Let's hope it's the same firmware update as needed for my broken Climet Control ( see climate control not working thread)


----------



## PNWmisty (Aug 19, 2017)

Red Ryder said:


> Posted a Service Question on Tesla website about Map not tracking my movements- freezes on original view. e.g. The Google map view of my neighborhood. After I start out I'm on the map until I leave the initial view. Then nothing. I escalated the issue. My reply was " needs firmware update".
> 
> Let's hope it's the same firmware update as needed for my broken Climet Control ( see climate control not working thread)


Are you aware that you need to touch the car icon (top icon of the three at the upper, right-hand corner of the map screen) to highlight it to get the map to follow the car?


----------



## Bernard (Aug 3, 2017)

Red Ryder said:


> Posted a Service Question on Tesla website about Map not tracking my movements- freezes on original view. e.g. The Google map view of my neighborhood. After I start out I'm on the map until I leave the initial view. Then nothing. I escalated the issue.
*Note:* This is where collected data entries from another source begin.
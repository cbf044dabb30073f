-- ===== src/Commands/Verb.antt =====
-- The chain of name tests in `CommandTable::dispatch`, in its order, and `is_write_command` of
-- src/replication.cpp.
use redis_plus.Prelude.{Bool, ◌||◌, Bytes, codes, beq, if◌then◌else◌}

pub data Verb : Type 0 where
  ping echo set get del exists type keys : Verb
  expire pexpire expireat pexpireat ttl pttl persist : Verb
  config dbsize flushall save bgsave bgrewriteaof : Verb
  info command select quit unknown : Verb

-- The names behind EXISTS, and behind CONFIG, stand apart to keep each chain short.
unfoldable pub late_verb : Bytes → Verb
late_verb name =
    if beq name (codes "CONFIG")
    then config
    else if beq name (codes "DBSIZE")
    then dbsize
    else if beq name (codes "FLUSHALL") || beq name (codes "FLUSHDB")
    then flushall
    else if beq name (codes "SAVE")
    then save
    else if beq name (codes "BGSAVE")
    then bgsave
    else if beq name (codes "BGREWRITEAOF")
    then bgrewriteaof
    else if beq name (codes "INFO")
    then info
    else if beq name (codes "COMMAND")
    then command
    else if beq name (codes "SELECT")
    then select
    else if beq name (codes "QUIT")
    then quit
    else unknown

unfoldable pub middle_verb : Bytes → Verb
unfolding late_verb
middle_verb name =
    if beq name (codes "TYPE")
    then type
    else if beq name (codes "KEYS")
    then keys
    else if beq name (codes "EXPIRE")
    then expire
    else if beq name (codes "PEXPIRE")
    then pexpire
    else if beq name (codes "EXPIREAT")
    then expireat
    else if beq name (codes "PEXPIREAT")
    then pexpireat
    else if beq name (codes "TTL")
    then ttl
    else if beq name (codes "PTTL")
    then pttl
    else if beq name (codes "PERSIST")
    then persist
    else late_verb name

unfoldable pub verb_of : Bytes → Verb
unfolding middle_verb
verb_of name =
    if beq name (codes "PING")
    then ping
    else if beq name (codes "ECHO")
    then echo
    else if beq name (codes "SET")
    then set
    else if beq name (codes "GET")
    then get
    else if beq name (codes "DEL") || beq name (codes "UNLINK")
    then del
    else if beq name (codes "EXISTS")
    then exists
    else middle_verb name

unfoldable pub is_write_command : Bytes → Bool
is_write_command name =
    beq name (codes "SET")
    || beq name (codes "DEL")
    || beq name (codes "UNLINK")
    || beq name (codes "EXPIRE")
    || beq name (codes "PEXPIRE")
    || beq name (codes "EXPIREAT")
    || beq name (codes "PEXPIREAT")
    || beq name (codes "PERSIST")
    || beq name (codes "FLUSHALL")
    || beq name (codes "FLUSHDB")
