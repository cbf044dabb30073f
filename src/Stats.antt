-- ===== src/Stats.antt =====
-- `rp::Stats` (include/rp/stats.hpp, src/stats.cpp). The counters are relaxed atomics that nothing
-- synchronises on; every call here is one thread's.
use redis_plus.Prelude.{ℕ, ◌+◌, ◌-◌, ◌%◌, ◌++◌, Bytes, codes, ltb, if◌then◌else◌}
use redis_plus.Prelude.Int.{two_64}
use redis_plus.Decimal.{to_string}

pub record Stats : Type 0 where
  pub connections_received : ℕ
  pub connections_active : ℕ
  pub connections_peak : ℕ
  pub connections_rejected : ℕ
  pub commands_processed : ℕ
  pub bytes_read : ℕ
  pub bytes_written : ℕ
  pub output_buffer_overflows : ℕ

unfoldable pub on_connect : Stats → Stats
on_connect s =
    let now = (s.connections_active + 1) % two_64 in
    record s {
      connections_received = (s.connections_received + 1) % two_64;
      connections_active = now;
      connections_peak = if ltb s.connections_peak now then now else s.connections_peak;
    }

unfoldable pub on_disconnect : Stats → Stats
on_disconnect s = record s { connections_active = (s.connections_active + (two_64 - 1)) % two_64 }

abbrev pub line : Bytes → ℕ → Bytes
line name n = name ++ (to_string n ++ codes "\r\n")

-- The text of INFO; the uptime is read from the system's clock.
unfoldable pub to_info : ℕ → Stats → Bytes
to_info uptime s =
    codes "# Server\r\nredis_version:7.0.0-rp\r\n"
    ++ (line (codes "uptime_in_seconds:") uptime
        ++ (codes "\r\n# Clients\r\n"
            ++ (line (codes "connected_clients:") s.connections_active
                ++ (line (codes "peak_connected_clients:") s.connections_peak
                    ++ (line (codes "rejected_connections:") s.connections_rejected
                        ++ (codes "\r\n# Stats\r\n"
                            ++ (line (codes "total_connections_received:") s.connections_received
                                ++ (line (codes "total_commands_processed:") s.commands_processed
                                    ++ (line (codes "total_net_input_bytes:") s.bytes_read
                                        ++ (line (codes "total_net_output_bytes:") s.bytes_written
                                            ++ line (codes "client_output_buffer_overflows:")
                                                s.output_buffer_overflows))))))))))
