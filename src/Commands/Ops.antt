-- ===== src/Commands/Ops.antt =====
-- The interfaces `PersistenceOps` and `ReplicationOps` of include/rp/commands.hpp, through which the
-- command table reaches what it does not own.
use redis_plus.Prelude.{ℕ, Bool, Option, Bytes}
use redis_plus.Prelude.Int.{ℤ}
use redis_plus.Stats.{Stats}
use redis_plus.Store.{Store}
use redis_plus.Commands.Base.{CommandResult, replied}

-- A connected client; `none` where the code passes a null link.
abbrev pub Link : Type 0
Link = Option ℕ

-- An operation that may fail answers with the error's text.
abbrev pub Failure : Type 0
Failure = Option Bytes

-- The operations take the store, whose snapshot they read.
pub record PersistenceOps (P : Type 0) : Type 0 where
  pub save_now : Store → P → Failure × P
  pub background_save : Store → P → Failure × P
  pub rewrite_aof : Store → P → Failure × P
  pub info_section : P → Bytes

pub record ReplicationOps (R : Type 0) : Type 0 where
  pub start_full_resync : Link → Store → R → R
  pub on_replica_ack : Link → ℤ → R → R
  pub set_replica_port : Link → ℕ → R → R
  pub replicaof : Bytes → ℕ → R → Failure × R
  pub stop_replication : R → R
  pub is_replica : R → Bool
  pub info_section : R → Bytes

-- What a command table reaches. `none` is a null pointer; `uptime` is read from the system's clock.
pub record World (P R : Type 0) : Type 0 where
  pub store : Store
  pub persistence : Option P
  pub replication : Option R
  pub stats : Stats
  pub uptime : ℕ

-- a command's result and everything after it
abbrev pub Dispatched : Type 0 → Type 0 → Type 0
Dispatched P R = CommandResult × World P R

module _ {P R : Type 0} where
  abbrev pub answer : Bytes → World P R → CommandResult × World P R
  answer text w = (replied text, w)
My reply was " needs firmware update".
> 
> Let's hope it's the same firmware update as needed for my broken Climet Control ( see climate control not working thread)


You have a lot of options on how the map is drawn in navigation, including on whether it stays centered on the car or just shows a static picture (another is whether the map keeps north "up" or follows the orientation of your car). So what you see as a bug ("freezing") is probably just be a feature ;-) Hit the circle icon on the screen on the edge of the map to change the map display mode.


----------



## Red Ryder (Aug 28, 2018)

Thanks I have used the circle Icon to change orientation. I was not aware that you have to touch a car icon upper right to get the map to track the car. Is this something you need to do only once? Or every thine you drive?


----------



## NOGA$4ME (Sep 30, 2016)

Red Ryder said:


> Thanks I have used the circle Icon to change orientation. I was not aware that you have to touch a car icon upper right to get the map to track the car. Is this something you need to do only once? Or every thine you drive?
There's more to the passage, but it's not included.